> **Task to complete**:
Beginning with the first line of the data below, reproduce every line unchanged, ending with the line that holds "(addr : ℕ) (s : Service A) → IsNew".

> **Supplied data**:
-- ===== src/Net/Run/Owned.antt =====
-- What is open belongs to the members: from the constructor on, through Init and the set-up of epoll.
use vwnet_lib.Base.{
  ℕ, ◌≡◌, ap, ◌∙◌, inl, inr, Bool, true, false, List, [], ◌∷◌, Option, ℤ, pos, arith, if◌then◌else◌,
  Bool-cases,
}
use vwnet_lib.Net.Setup.{
  epoll_create, Service, next_fd, is_positive, failed, setup_epoll, destroy, new_socket, sock_addr,
  set_reuse, try_call, init,
}
use vwnet_lib.Net.Run.Release.{opened, has_fifo, all_positive, int_eq_refl, next_fd_positive}
use vwnet_lib.Net.Run.Members.{SameFds, KeepsFds}

abbrev pub own : ℤ → List ℤ → List ℤ
own fd fds = if is_positive fd then fd ∷ fds else fds

own_made :
    (fds : List (Option ℕ)) (open_fds : List ℤ)
    → all_positive fds ≡ true
    → (if failed (next_fd fds).0 then open_fds else (next_fd fds).0 ∷ open_fds)
      ≡ own (next_fd fds).0 open_fds
own_made fds open_fds positive = ground (arith, (next_fd_positive fds positive).0)

module _ {A : Type 0} where
  -- What is open is what the members name: `epollfd` and `svr_sfd`.
  pub record Owns (s : Service A) : Type 0 where
    pub owned : opened s.trace ≡ own s.epollfd (own s.svr_sfd [])
    pub no_fifo : has_fifo s.trace ≡ false
    pub positive : all_positive s.fds ≡ true

  pub SameFds-Owns : {s s' : Service A} → SameFds s s' → Owns s → Owns s'
  SameFds-Owns same i = record {
    owned = rw (same.same_opened, same.same_epollfd, same.same_svr_sfd) i.owned;
    no_fifo = rw same.same_fifo i.no_fifo;
    positive = rw same.same_fds i.positive;
  }

  -- The state that the constructor leaves.
  pub record IsNew (s : Service A) : Type 0 where
    pub no_epollfd : s.epollfd ≡ pos 0
    pub no_svr_sfd : s.svr_sfd ≡ pos 0
    pub no_cmdfd : s.cmdfd ≡ pos 0
    pub no_trace : s.trace ≡ []

  new_socket-Owns :
      (addr : ℕ) (s : Service A) → IsNew s → all_positive s.fds ≡ true → Owns (new_socket addr s)
  unfolding new_socket
  new_socket-Owns addr s new positive =
      let no_sock : is_positive s.svr_sfd ≡ false = ap is_positive new.no_svr_sfd in
      let no_epoll : is_positive s.epollfd ≡ false = ap is_positive new.no_epollfd in
      let none_open : opened s.trace ≡ [] = ap opened new.no_trace in
      rw no_sock (record {
        owned = rw (none_open, no_epoll) (own_made s.fds [] positive);
        no_fifo = ap has_fifo new.no_trace;
        positive = (next_fd_positive s.fds positive).1;
      })

  new_socket-epollfd : (addr : ℕ) (s : Service A) → (new_socket addr s).epollfd ≡ s.epollfd
  unfolding new_socket
  new_socket-epollfd addr s = ground arith

  new_socket-cmdfd : (addr : ℕ) (s : Service A) → (new_socket addr s).cmdfd ≡ s.cmdfd
  unfolding new_socket
  new_socket-cmdfd addr s = ground arith

  pub init-Owns :
      (inet_addr : List ℕ → ℕ) (do_bind : Service A → Bool × Service A) (ip_addr : List ℕ)
      (port : ℕ) (s : Service A)
      → KeepsFds do_bind
      → IsNew s
      → all_positive s.fds ≡ true
      → let (done, s') = init inet_addr do_bind ip_addr port s in
        Owns s' × (s'.epollfd ≡ pos 0) × (s'.cmdfd ≡ pos 0)
  unfolding init
  init-Owns inet_addr do_bind ip_addr port s keeps new positive =
      let addr = sock_addr inet_addr ip_addr port in
      let i = new_socket-Owns addr s new positive in
      let (reuse, s₁) = try_call set_reuse (new_socket addr s) in
      let no_cmd : s₁.cmdfd ≡ pos 0 = new_socket-cmdfd addr s ∙ new.no_cmdfd in
      let none_yet : s₁.epollfd ≡ pos 0 = new_socket-epollfd addr s ∙ new.no_epollfd in
      let tried : Owns s₁ = record {
        owned = i.owned;
        no_fifo = i.no_fifo;
        positive = i.positive;
      } in
      chosen reuse (do_bind s₁).0 s₁ (do_bind s₁).1 (keeps s₁) tried none_yet no_cmd
    where
      chosen :
          (b bound : Bool) (t t' : Service A)
          → SameFds t t'
          → Owns t
          → t.epollfd ≡ pos 0
          → t.cmdfd ≡ pos 0
          → let out : Bool × Service A =
              if b
              then (bound, record t' { init_done = bound })
              else (false, record t { init_done = false }) in
            let u = out.1 in Owns u × (u.epollfd ≡ pos 0) × (u.cmdfd ≡ pos 0)
      chosen true bound t t' same i none_yet no_cmd =
          let i' = SameFds-Owns same i in
          (
            record { owned = i'.owned; no_fifo = i'.no_fifo; positive = i'.positive },
            same.same_epollfd ∙ none_yet,
            same.same_cmdfd ∙ no_cmd,
          )
      chosen false bound t t' same i none_yet no_cmd =
          (record { owned = i.owned; no_fifo = i.no_fifo; positive = i.positive }, none_yet, no_cmd)

  pub setup_epoll-Owns : (s : Service A) → Owns s → s.epollfd ≡ pos 0 → Owns (setup_epoll s).1
  unfolding setup_epoll
  setup_epoll-Owns s i none_yet =
      let no_epoll : is_positive s.epollfd ≡ false = ap is_positive none_yet in
      elim (Bool-cases (failed (next_fd s.fds).0)) [
        | inl no_fd ↦ rw (no_epoll, no_fd) (after no_epoll)
        | inr has_fd ↦ rw (no_epoll, has_fd) (after no_epoll)
      ]
    where
      after :
          is_positive s.epollfd ≡ false
          → Owns (record s {
            epollfd = (next_fd s.fds).0;
            fds = (next_fd s.fds).1;
            trace = (epoll_create, (next_fd s.fds).0) ∷ s.trace;
          })
      after no_epoll = record {
        owned = rw (i.owned, no_epoll) (own_made s.fds (own s.svr_sfd []) i.positive);
        no_fifo = i.no_fifo;
        positive = (next_fd_positive s.fds i.positive).1;
      }

  pub destroy-Owns :
      (s : Service A)
      → Owns s
      → (opened (destroy s).trace ≡ []) × (has_fifo (destroy s).trace ≡ false)
  unfolding destroy
  destroy-Owns s i = elim (Bool-cases (is_positive s.epollfd)) [
    | inl epoll ↦ elim (Bool-cases (is_positive s.svr_sfd)) [
      | inl sock ↦
          rw (epoll, sock)
            (rw (i.owned, epoll, sock, int_eq_refl s.epollfd, int_eq_refl s.svr_sfd), i.no_fifo)
      | inr no_sock ↦
          rw (epoll, no_sock) (rw (i.owned, epoll, no_sock, int_eq_refl s.epollfd), i.no_fifo)
    ]
    | inr no_epoll ↦ elim (Bool-cases (is_positive s.svr_sfd)) [
      | inl sock ↦
          rw (no_epoll, sock) (rw (i.owned, no_epoll, sock, int_eq_refl s.svr_sfd), i.no_fifo)
      | inr no_sock ↦ rw (no_epoll, no_sock) (rw (i.owned, no_epoll, no_sock), i.no_fifo)
    ]
  ]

> **Answer section**:
-- ===== src/Net/Run/Owned.antt =====
-- What is open belongs to the members: from the constructor on, through Init and the set-up of epoll.
use vwnet_lib.Base.{
  ℕ, ◌≡◌, ap, ◌∙◌, inl, inr, Bool, true, false, List, [], ◌∷◌, Option, ℤ, pos, arith, if◌then◌else◌,
  Bool-cases,
}
use vwnet_lib.Net.Setup.{
  epoll_create, Service, next_fd, is_positive, failed, setup_epoll, destroy, new_socket, sock_addr,
  set_reuse, try_call, init,
}
use vwnet_lib.Net.Run.Release.{opened, has_fifo, all_positive, int_eq_refl, next_fd_positive}
use vwnet_lib.Net.Run.Members.{SameFds, KeepsFds}

abbrev pub own : ℤ → List ℤ → List ℤ
own fd fds = if is_positive fd then fd ∷ fds else fds

own_made :
    (fds : List (Option ℕ)) (open_fds : List ℤ)
    → all_positive fds ≡ true
    → (if failed (next_fd fds).0 then open_fds else (next_fd fds).0 ∷ open_fds)
      ≡ own (next_fd fds).0 open_fds
own_made fds open_fds positive = ground (arith, (next_fd_positive fds positive).0)

module _ {A : Type 0} where
  -- What is open is what the members name: `epollfd` and `svr_sfd`.
  pub record Owns (s : Service A) : Type 0 where
    pub owned : opened s.trace ≡ own s.epollfd (own s.svr_sfd [])
    pub no_fifo : has_fifo s.trace ≡ false
    pub positive : all_positive s.fds ≡ true

  pub SameFds-Owns : {s s' : Service A} → SameFds s s' → Owns s → Owns s'
  SameFds-Owns same i = record {
    owned = rw (same.same_opened, same.same_epollfd, same.same_svr_sfd) i.owned;
    no_fifo = rw same.same_fifo i.no_fifo;
    positive = rw same.same_fds i.positive;
  }

  -- The state that the constructor leaves.
  pub record IsNew (s : Service A) : Type 0 where
    pub no_epollfd : s.epollfd ≡ pos 0
    pub no_svr_sfd : s.svr_sfd ≡ pos 0
    pub no_cmdfd : s.cmdfd ≡ pos 0
    pub no_trace : s.trace ≡ []

  new_socket-Owns :
      (addr : ℕ) (s : Service A) → IsNew s → all_positive s.fds ≡ true → Owns (new_socket addr s)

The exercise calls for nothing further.